CHARLOTTETOWN - As the coach of Prince Edward Island's first track club, Dave MacEachern didn't exactly have state-of-the-art facilities at his disposal.
The former Canadian Olympic bobsledder held workouts on an old railway bed when the weather co-operated. Cold days meant heading inside, either into the hallway of a nearby school or an abandoned flea market, where he would roll out an 80-metre long strip of rubber he'd purchased to use as a makeshift track.
Growing up on P.E.I., MacEachern knows all about overcoming odds, and his message is simple: it's what's inside that counts.
"As long as we have the right attitude and heart, you can go anywhere with track and field," triple jumper Kurt McCormack, one of MacEachern's top athletes with his club Sparta Athletics, said this week at the Canada Games.
MacEachern, 41, has been back living and raising his family in Charlottetown since his Olympic gold medal bobsled career ended in 2000.
One of his first success stories was Jared Connaughton. He started coaching the sprinter in Grade 11 with a goal of "getting him out of here," and Connaughton went on to run track at the University of Texas in Arlington where he still lives and trains. He has the No. 2 time in Canada this year in both the 100 and 200 metres, and was part of the Canadian 4x100 relay team that finished fifth last week at the world championships in Berlin.
"It was tough to get the wheels spinning here," said Connaughton, who is back in town to watch the Canada Games. "You had to be determined to run fast and put in the effort in a place that just didn't harbour the opportunities.
"I call this my jump-off point, and I always have that in the back of my head, that this is where I come from. Sprinters can get a little needy, but I'm very bare bones and that was instilled in me here."
Bare bones is an understatement. The 21-year-old McCormack, who grew up in Souris, a tiny coastal town of just over 1,200 people 80 kilometres northeast of Charlottetown, learned to triple jump on pavement because there wasn't a proper pit in P.E.I. MacEachern worked on strengthening his legs so they could take the constant jarring of landing on rock-hard asphalt.
"I think where we came from really grounded us in track and field, coming from nothing," said McCormack. "We don't take anything for granted."

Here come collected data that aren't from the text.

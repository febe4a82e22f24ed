-- ===== src/Reports/Runs.antt =====
-- What a run of the report job asks for (report.go, `RedecoMonthlyReportWorker.Work`).
use vigia.Prelude.{
  ◌/◌, ◌≤◌, ◌<◌, ◌≡◌, sym, ap, ◌∙◌, List, [], ◌∷◌, ◌++◌, some, map, for_each, append_nil,
  append_assoc,
}
use vigia.Time.{Time, utc_micros, day_ns}
use vigia.Ledger.Encoding.{Text}
use vigia.Reports.{
  RedecoReportPeriod, RedecoMonthlyReportArgs, RedecoMonthlyReportStore, Reported, previous_month,
  bounds, report_tenant, report_tenants, nothing_reported, report_period_from_args, work,
}
use vigia.Reports.Months.{month_at, previous_month-bounds}

module _ (store : RedecoMonthlyReportStore) (period : RedecoReportPeriod) where
  tenants-asked :
      (done : Reported) (tenants : List Text)
      → (for_each (report_tenant store period) done tenants).asked
        ≡ done.asked ++ map (λ tenant. (tenant, period)) tenants
  tenants-asked done [] = sym (append_nil done.asked)
  tenants-asked done (tenant ∷ tenants) =
      tenants-asked (report_tenant store period done tenant) tenants
      ∙ append_assoc done.asked ((tenant, period) ∷ []) _

-- Arguments that name no tenant and no month.
abbrev pub for_all : RedecoMonthlyReportArgs
for_all = record { tenant_id = []; year = 0; month = 0 }

-- A run for no tenant and no month, behind January of year 1, asks once for the report of each listed
-- tenant, whatever fails, and for one period: the month that ends where the month of the clock starts,
-- not behind the clock, while the month of the clock ends behind it.
pub work-previous_month :
    (store : RedecoMonthlyReportStore) (clock : Time) (tenants : List Text)
    → store.list_tenants ≡ some tenants
    → 31 ≤ (utc_micros clock).ns / day_ns
    → let now = (utc_micros clock).ns in
      let p = previous_month (utc_micros clock) in
      ((r : Reported) × (work store clock for_all ≡ some r)
        × (r.asked ≡ map (λ tenant. (tenant, p)) tenants))
      × ((bounds p).1 ≡ (bounds (month_at now)).0)
      × ((bounds (month_at now)).0.ns ≤ now)
      × (now < (bounds (month_at now)).1.ns)
unfolding work report_period_from_args
work-previous_month store clock tenants listed late =
    let p = previous_month (utc_micros clock) in
    let (ends, started, ending) = previous_month-bounds ((utc_micros clock).ns) late in
    (
      (_, ap (report_tenants store p) listed, tenants-asked store p nothing_reported tenants),
      ends,
      started,
      ending,
    )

But things are changing. Thanks to the Canada Games, the island has its first rubberized track, part of the $6.8-million Alumni Canada Games Place at UPEI.
Connaughton is impressed.
"I flew in this morning," Connaughton said. "You're always looking out the window to see P.E.I. from a neat perspective, and when I looked down and saw the track and saw all the stuff set up, it kind of hit home. It's come a long way."
McCormack, who competes for Dickinson State University in North Dakota, won bronze at the Canadian championships earlier this summer in Toronto. He was scheduled to compete in the Canada Games track meet later Tuesday.
MacEachern, who teamed up with Pierre Lueders to win gold in the two-man at the 1998 Nagano Olympics, retired two years later after suffering several concussions.
"I didn't really have a whole lot of desire to collect any more concussions and my children really made me think twice about Olympics and personal pursuits, so that was part of it," MacEachern said.
The lure of competing in front of a hometown crowd at the 2010 Vancouver Olympics had MacEachern considering a comeback. He had spoken with Lueders and started training seriously again, but was feeling a lot of pain in one knee. Test results showed he'd partially torn his ACL playing soccer.
"Who knows if I could have or not?" said MacEachern, who has 28 World Cup medals to his name. "I was still really strong, and I'm still pretty quick right now, definitely for my age. I think Pierre's going to win two medals. I think he's going to do awesome and I wish I was there doing it with him. I'm not, but I wish I was, mostly because of my kids (sons Seamus, 3, Declan, 8, and Conor, 10).